To improve economic efficiencies there should be a direct relationship between the taxes per km travelled and the marginal costs for freight use. A distance based charging system can provide. It is the calculation of these marginal costs which is crucial as we have said during the discussion on the revision of the HGV levy.
HGVs have a wide range of impacts; these include congestion and pollution but also safety and infrastructure impacts not mentioned in the review.  Currently, HGVs are only internalising around a third of their costs so until HGVs internalise more of their costs HGVs will continue to be a huge problem to society and the economy.  Moving to distance based charging will have economic, productivity and competitiveness benefits as well as environmental benefits and is also likely to lead to a shift to rail, which should have further benefits.

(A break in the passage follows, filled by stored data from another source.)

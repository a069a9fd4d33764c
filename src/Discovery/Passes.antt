-- ===== src/Discovery/Passes.antt =====
-- The two passes together.
use tunnel_client.Base.{
  ◌≡◌, refl, Bool, true, false, none, some, List, ◌∷◌, arith, map, ◌↔◌, ◌⊎◌, inl, inr, Bool-cases,
}
use tunnel_client.Discovery.{
  not_applicable, timeout_only, non_timeout, retryable_response, Fetch, PassResult, selected,
  failed, start_pass, run_pass, Metadata, metadata_failed, ended, Retried, retried_fetch,
  retries_after, fetch_oauth_metadata, is_timeout_type,
}
use tunnel_client.Discovery.Policy.{
  outcome, Outcome, report, has, is_lasting, is_temporary, is_timed_out, run_pass-report,
}

-- A pass in which something timed out, and otherwise only metadata were missing.
abbrev pub IsOnlyTimeouts : Outcome → Type 0
IsOnlyTimeouts (ks, some chosen) = ⊥
IsOnlyTimeouts (ks, none) =
    (has is_lasting ks ≡ false) × (has is_temporary ks ≡ false) × (has is_timed_out ks ≡ true)

abbrev is_timeout : Metadata → Bool
is_timeout (metadata_failed t) = is_timeout_type t
is_timeout _ = false

retries_after_lem : (r : PassResult) → retries_after r ≡ is_timeout (ended r)
retries_after_lem (selected i status) = refl
retries_after_lem (failed not_applicable) = refl
retries_after_lem (failed timeout_only) = refl
retries_after_lem (failed non_timeout) = refl
retries_after_lem (failed retryable_response) = refl

is_timeout_iff : (o : Outcome) → (is_timeout (report o) ≡ true) ↔ IsOnlyTimeouts o
is_timeout_iff (ks, some (i, status)) = ground arith
is_timeout_iff (ks, none) = ground arith

retries_iff :
    (f : Fetch) (fs : List Fetch)
    → (retries_after (run_pass 0 (f ∷ fs) start_pass) ≡ true) ↔ IsOnlyTimeouts (outcome 0 (f ∷ fs))
retries_iff f fs =
    rw (retries_after_lem (run_pass 0 (f ∷ fs) start_pass), run_pass-report f fs)
      (is_timeout_iff (outcome 0 (f ∷ fs)))

-- The candidates are asked a second time, with retries, if at least one timed out in the first
-- pass, none was chosen, and no other failure than missing metadata was seen; the second pass
-- then decides. Otherwise the first pass decides.
pub fetch_oauth_metadata_passes :
    (f : Fetch) (fs : List Fetch) (r : Retried) (rs : List Retried)
    → (IsOnlyTimeouts (outcome 0 (f ∷ fs))
        × (fetch_oauth_metadata (f ∷ fs) (r ∷ rs)
            ≡ report (outcome 0 (map retried_fetch (r ∷ rs)))))
      ⊎ (¬ (IsOnlyTimeouts (outcome 0 (f ∷ fs)))
          × (fetch_oauth_metadata (f ∷ fs) (r ∷ rs) ≡ report (outcome 0 (f ∷ fs))))
unfolding fetch_oauth_metadata
fetch_oauth_metadata_passes f fs r rs =
    elim (Bool-cases (retries_after (run_pass 0 (f ∷ fs) start_pass))) [
      | inl e ↦
          inl (
            (retries_iff f fs).0 e,
            rw e (run_pass-report (retried_fetch r) (map retried_fetch rs)),
          )
      | inr e ↦ inr ((λ h. cc ((retries_iff f fs).1 h)), rw e (run_pass-report f fs))
    ]
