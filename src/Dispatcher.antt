-- ===== src/Dispatcher.antt =====
-- The dispatcher: pkg/dispatcher/internal/tunnel_failure.go and processor.go.
pub mod Failure
pub mod Forwarding
pub mod Processor
pub mod Listener
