-- ===== src/Dispatcher/Failure.antt =====
-- Where a failed request failed: pkg/dispatcher/internal/tunnel_failure.go. An error is what
-- `errors.Is` and `errors.As` answer of it.
pub mod Agreement
use tunnel_client.Base.{ℕ, Bool, true, false, ◌&&◌, ◌||◌, Option, none, some, leb, if◌then◌else◌}

pub data Source : Type 0 where
  target_http dns_source tls_source connect_source transport_closed timeout_source protocol
        client_internal :
      Source

pub data TransportErrorKind : Type 0 where
  unspecified closed_pipe connection_aborted connection_closed connection_refused connection_reset :
      TransportErrorKind
  dial dns eof host_unreachable http_status invalid_mcp_error invalid_protocol_response :
      TransportErrorKind
  malformed_json network_unreachable non_protocol_response response_body_missing :
      TransportErrorKind
  response_body_too_large response_body_unreadable timeout tls unexpected_eof unknown_kind
        canceled :
      TransportErrorKind

-- The kinds of `NonProtocolResponseError` that have a name, and all others.
pub data NonProtocolKind : Type 0 where
  body_missing body_unreadable body_too_large malformed invalid_error another_kind : NonProtocolKind

-- `is_tls` stands for the test of the seven TLS and certificate errors, `times_out` for a
-- `Timeout` method that answers true, `is_dial` for an `OpError` of a dial.
pub record TransportError : Type 0 where
  pub non_protocol : Option NonProtocolKind
  pub protocol_failure : Bool
  pub is_closed_pipe : Bool
  pub is_epipe : Bool
  pub is_eof : Bool
  pub is_unexpected_eof : Bool
  pub is_net_closed : Bool
  pub is_connection_closed : Bool
  pub is_reset : Bool
  pub is_aborted : Bool
  pub is_dns : Bool
  pub is_tls : Bool
  pub is_deadline : Bool
  pub times_out : Bool
  pub is_refused : Bool
  pub is_network_unreachable : Bool
  pub is_host_unreachable : Bool
  pub is_dial : Bool
  pub is_canceled : Bool

-- No error, and any error that nothing is known of.
abbrev pub no_error : TransportError
no_error = record {
  non_protocol = none;
  protocol_failure = false;
  is_closed_pipe = false;
  is_epipe = false;
  is_eof = false;
  is_unexpected_eof = false;
  is_net_closed = false;
  is_connection_closed = false;
  is_reset = false;
  is_aborted = false;
  is_dns = false;
  is_tls = false;
  is_deadline = false;
  times_out = false;
  is_refused = false;
  is_network_unreachable = false;
  is_host_unreachable = false;
  is_dial = false;
  is_canceled = false;
}

pub record TunnelFailure : Type 0 where
  pub source : Source
  pub transport_error_kind : TransportErrorKind
  pub upstream_response_received : Bool
  pub upstream_status : ℕ

abbrev pub kind_from_non_protocol : NonProtocolKind → TransportErrorKind
kind_from_non_protocol body_missing = response_body_missing
kind_from_non_protocol body_unreadable = response_body_unreadable
kind_from_non_protocol body_too_large = response_body_too_large
kind_from_non_protocol malformed = malformed_json
kind_from_non_protocol invalid_error = invalid_mcp_error
kind_from_non_protocol another_kind = non_protocol_response

abbrev pub is_http_error : ℕ → Bool
is_http_error status = leb 400 status && leb status 599

-- The tests behind those for protocol failures.
abbrev pub network_kind : TransportError → TransportErrorKind
network_kind e =
    if e.is_refused
    then connection_refused
    else if e.is_network_unreachable
    then network_unreachable
    else if e.is_host_unreachable
    then host_unreachable
    else if e.is_dial
    then dial
    else if e.is_canceled
    then canceled
    else unknown_kind

abbrev pub late_kind : TransportError → TransportErrorKind
late_kind e =
    if e.is_dns
    then dns
    else if e.is_tls
    then tls
    else if e.is_deadline
    then timeout
    else if e.times_out
    then timeout
    else network_kind e

abbrev pub stream_kind : TransportError → TransportErrorKind
stream_kind e =
    if e.is_closed_pipe || e.is_epipe
    then closed_pipe
    else if e.is_eof
    then eof
    else if e.is_unexpected_eof
    then unexpected_eof
    else if e.is_net_closed || e.is_connection_closed
    then connection_closed
    else if e.is_reset
    then connection_reset
    else if e.is_aborted
    then connection_aborted
    else late_kind e

abbrev pub kind_of : ℕ → Option NonProtocolKind → TransportError → TransportErrorKind
kind_of status (some k) e = kind_from_non_protocol k
kind_of status none e =
    if is_http_error status
    then http_status
    else (if e.protocol_failure then invalid_protocol_response else stream_kind e)

unfoldable pub classify_transport_error_kind : ℕ → TransportError → TransportErrorKind
classify_transport_error_kind status e = kind_of status e.non_protocol e

abbrev pub public_kind : TransportErrorKind → TransportErrorKind
public_kind canceled = unspecified
public_kind k = k

abbrev pub transport_source : TransportError → Source
transport_source e =
    if e.is_closed_pipe
      || (e.is_eof
          || (e.is_unexpected_eof
              || (e.is_net_closed
                  || (e.is_connection_closed || (e.is_epipe || (e.is_reset || e.is_aborted))))))
    then transport_closed
    else if e.is_dns
    then dns_source
    else if e.is_tls
    then tls_source
    else if e.is_deadline
    then timeout_source
    else if e.times_out
    then timeout_source
    else if e.is_dial
    then connect_source
    else if e.is_refused || (e.is_network_unreachable || e.is_host_unreachable)
    then connect_source
    else client_internal

abbrev pub source_of_error : Option NonProtocolKind → TransportError → Source
source_of_error (some k) e = protocol
source_of_error none e = if e.protocol_failure then protocol else transport_source e

unfoldable pub classify_tunnel_failure : ℕ → TransportError → TunnelFailure
unfolding classify_transport_error_kind
classify_tunnel_failure status e =
    let kind = public_kind (classify_transport_error_kind status e) in
    if is_http_error status
    then record {
      source = target_http;
      transport_error_kind = kind;
      upstream_response_received = true;
      upstream_status = status;
    }
    else record {
      source = source_of_error e.non_protocol e;
      transport_error_kind = kind;
      upstream_response_received = false;
      upstream_status = 0;
    }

The single most effective change to achieve all the Government’s stated objectives of improving efficiency, reducing exposure to collisions and reducing air and CO2 pollution would be to replace the existing time based lorry charging system with a distance based system which could relate charges paid to the real impacts HGVs have on other road users and the road network.  The current daily charge bears no direct relationship to the amount of use of the network; therefore the system does not incentivise more efficient use of the road network or the time at which it is used.
A distance-based lorry charging scheme could improve HGV efficiency by incentivising more efficient use of lorries, in order to reduce lorry miles. The current empty running and load utilisation figures show that road haulage industry efficiency is not improving.
Whereas distance based charging in both Austria and Germany have reduced both empty running and improved efficiency. Germany had similar levels to the UK of empty running before distance based charging was introduced but now it has decreased by a third. In Austria empty running reduced by a quarter from 21,1 per-cent in 1999 to 15,7 per cent in 2004. At the same time the average load grew 0,6 Ton  to 14,7T.

5.8 Government needs to give real incentives into alternatives to support business

Incentives are needed for companies to purchase new less polluting equipment like fork lift trucks and cranes which have a much shorter asset life than rail freight locomotives at between seven to ten years.